# Cherche désespérement un processus d'impression automatique



## plocploc (12 Décembre 2013)

Bonjour

Depuis des semaines j'ai posté ma recherche mais sans succès sans succès.

Cela me parait simple mais je dois être très limité car je n'y arrive pas.

Je souhaite lancer des impressions automatiques.

J'ai un dossier qui va se remplir d'images (déchargement de mon appareil photo), je voudrais qu'au fur et à mesure que ce dossier se remplit les images s'impriment.

J'ai essayé avec automator; à chaque fois il me dit que l'action n'a pas été fournie avec les données requises.
J'ai essayé différentes combinaisons cela ne marche jamais.

Imaginons que j'ai 5 ans, quelqu'un peut-il m'expliquer comment je pourrais faire (avec automator ou autre)...


Merci

---------- Nouveau message ajouté à 11h02 ---------- Le message précédent a été envoyé à 10h29 ----------

J'arrive à imprimer des images déjà dans mon dossier mais Automator n'imprime pas les images qui arrivent après...

Comment lui faire imprimer chaque nouvelle image ?

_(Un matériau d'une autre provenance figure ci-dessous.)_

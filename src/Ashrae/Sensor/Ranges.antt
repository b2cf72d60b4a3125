-- ===== src/Ashrae/Sensor/Ranges.antt =====
-- The physical units of ToRawSensorBatch.
use twinval_go_backend.Prelude.{◌≡◌, refl, List, [], ◌∷◌, All, arith}
use twinval_go_backend.Prelude.Text.{Text}
use twinval_go_backend.Float.{Float64, IsIeee, IsUnit, fl, decimal, ◌⊕◌, ◌≼◌}
use twinval_go_backend.Float.Order.{fl-IsNum}
use twinval_go_backend.Float.Scale.{decimal-IsFinite, scaled_bounds}
use twinval_go_backend.Condition.Types.{
  SensorType, RawSensorReading, PropertyMeta, sensor_vibration, sensor_strain, sensor_temperature,
  sensor_humidity, sensor_pm25, sensor_occupancy, sensor_electrical, sensor_water,
}
use twinval_go_backend.Ashrae.Sampling.{SensorLibrary}
use twinval_go_backend.Ashrae.Sensor.{SensorReading, to_raw_sensor_batch}

-- The values from one number to another, or one value.
pub data Bound (W : Type 0) : Type 0 where
  between : W → W → Bound W
  exactly : W → Bound W

module _ {W : Type 0} ⦃d : Float64 W⦄ where
  abbrev pub Meets : Bound W → W → Type 0
  Meets (between lo hi) v = (lo ≼ v) × (v ≼ hi)
  Meets (exactly x) v = v ≡ x

  -- The stress scores lie from 0.0 to 1.0, and the humidity from 20 to 100 percent.
  pub record IsMeasured (r : SensorReading W) : Type 0 where
    pub vibration : IsUnit r.vibration
    pub strain : IsUnit r.strain
    pub occupancy : IsUnit r.occupancy
    pub electrical_load : IsUnit r.electrical_load
    pub air_quality : IsUnit r.air_quality
    pub humidity : (fl 20 ≼ r.weather.humidity_pct) × (r.weather.humidity_pct ≼ fl 100)

  -- For each reading of the batch: its type, and the values that it may have.
  pub scale : SensorReading W → List (SensorType × Bound W)
  scale r =
      (sensor_vibration, between (fl 0) (decimal 5000))
      ∷ (sensor_strain, between (fl 0) (fl 1000))
      ∷ (sensor_temperature, exactly r.weather.air_temperature_c)
      ∷ (sensor_humidity, between (fl 20) (fl 100))
      ∷ (sensor_pm25, between (fl 0) (fl 100))
      ∷ (sensor_occupancy, between (fl 0) (fl 1))
      ∷ (sensor_electrical, between (fl 0) (fl 1))
      ∷ (sensor_water, between (decimal 3000) (decimal 3000 ⊕ decimal 4000))
      ∷ []

  abbrev pub Fits : List (SensorType × Bound W) → List (RawSensorReading W) → Type 0
  Fits [] [] = Unit
  Fits [] (r ∷ rs) = ⊥
  Fits (s ∷ ss) [] = ⊥
  Fits ((t, b) ∷ ss) (r ∷ rs) = ((r.sensor_type ≡ t) × Meets b r.value) × Fits ss rs

module _ {W G : Type 0} ⦃d : Float64 W⦄ (laws : IsIeee W) (lib : SensorLibrary W G) where
  open laws use {
    IsNum-of_le, le_trans, decimal_mono, decimal_finite, mul_mono_right, mul-IsNum, zero_mul,
    one_mul, add_mono, add_zero, add_nonneg-IsNum, div_mono, zero_div, div_self, decimal_lt,
  }

  -- Of a reading whose scores and humidity are in range, the batch of ToRawSensorBatch has the eight
  -- sensors in this order, with each value in its physical range: vibration up to 0.5 m/s², strain
  -- up to 1000 microstrain, PM2.5 up to 100 µg/m³, occupancy and load up to 1, water from 0.3 to
  -- 0.3 + 0.4 and humidity from 20 to 100 percent; the temperature is the weather's. All timestamps
  -- are the window's end.
  pub to_raw_sensor_batch-Fits :
      (r : SensorReading W) (id : Text) (meta : PropertyMeta W) (days : W)
      → IsMeasured r
      → let batch = to_raw_sensor_batch lib r id meta days in
        Fits (scale r) batch.readings
        × All (λ (q : RawSensorReading W). q.timestamp_ns ≡ batch.window_end_ns) batch.readings
  unfolding to_raw_sensor_batch scale
  to_raw_sensor_batch-Fits r id meta days m =
      let water = scaled_bounds laws r.electrical_load 4000 (omega arith) m.electrical_load in
      let vib = scaled_bounds laws r.vibration 5000 (omega arith) m.vibration in
      let str = scaled_bounds laws r.strain 10_000_000 (omega arith) m.strain in
      let pm = scaled_bounds laws r.air_quality 1_000_000 (omega arith) m.air_quality in
      let third = decimal-IsFinite laws 3000 (omega arith) in
      let nonneg = decimal_mono 0 3000 (omega arith) in
      let base = add_nonneg-IsNum _ _ nonneg (fl-IsNum laws 0) in
      let total = add_nonneg-IsNum _ _ nonneg water.0 in
      let top = add_nonneg-IsNum _ _ nonneg (decimal_mono 0 4000 (omega arith)) in
      (
        (
          (refl, vib),
          (
            (refl, str),
            (
              (refl, refl),
              (
                (refl, m.humidity),
                (
                  (refl, pm),
                  (
                    (refl, m.occupancy),
                    (
                      (refl, m.electrical_load),
                      (
                        (
                          refl,
                          (
                            le_trans _ _ _ (add_zero (decimal 3000) third.0).1
                                (add_mono _ _ _ _ third.0 water.0 base total),
                            add_mono _ _ _ _ third.0 water.1 total top,
                          ),
                        ),
                        tt,
                      ),
                    ),
                  ),
                ),
              ),
            ),
          ),
        ),
        (refl, (refl, (refl, (refl, (refl, (refl, (refl, (refl, tt)))))))),
      )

Merci et désolé pour ma confusion


----------



## ntx (12 Décembre 2013)

Tu as bien utilisé une "action de dossier" pour lancer ton script ?


----------



## plocploc (12 Décembre 2013)

Bonsoir

Action de dossier ne me donne rien... A chaque essai (si je dis imprimer à la suite de la désignation d'un dossier), Automator me dit qu'il n'y a pas les données requises

Ce que j'ai enfin réussi à faire ce matin (pour la voir vu sur un site anglo-saxon)

Obtenir les éléments du Finder indiqués > Obtenir le contenu de dossiers > Imprimer des images

Là en effet j'arrive à imprimer si les éléments sont déjà dans le dossier mais pas au fur et à mesure de leur arrivée.


MErci de votre aide !


----------



## quark67 (12 Décembre 2013)

Voici la méthode. On va oublier Automator et on va utiliser AppleScript. Ça peut paraitre long et compliqué, mais c'est parce que je détaille toutes les étapes.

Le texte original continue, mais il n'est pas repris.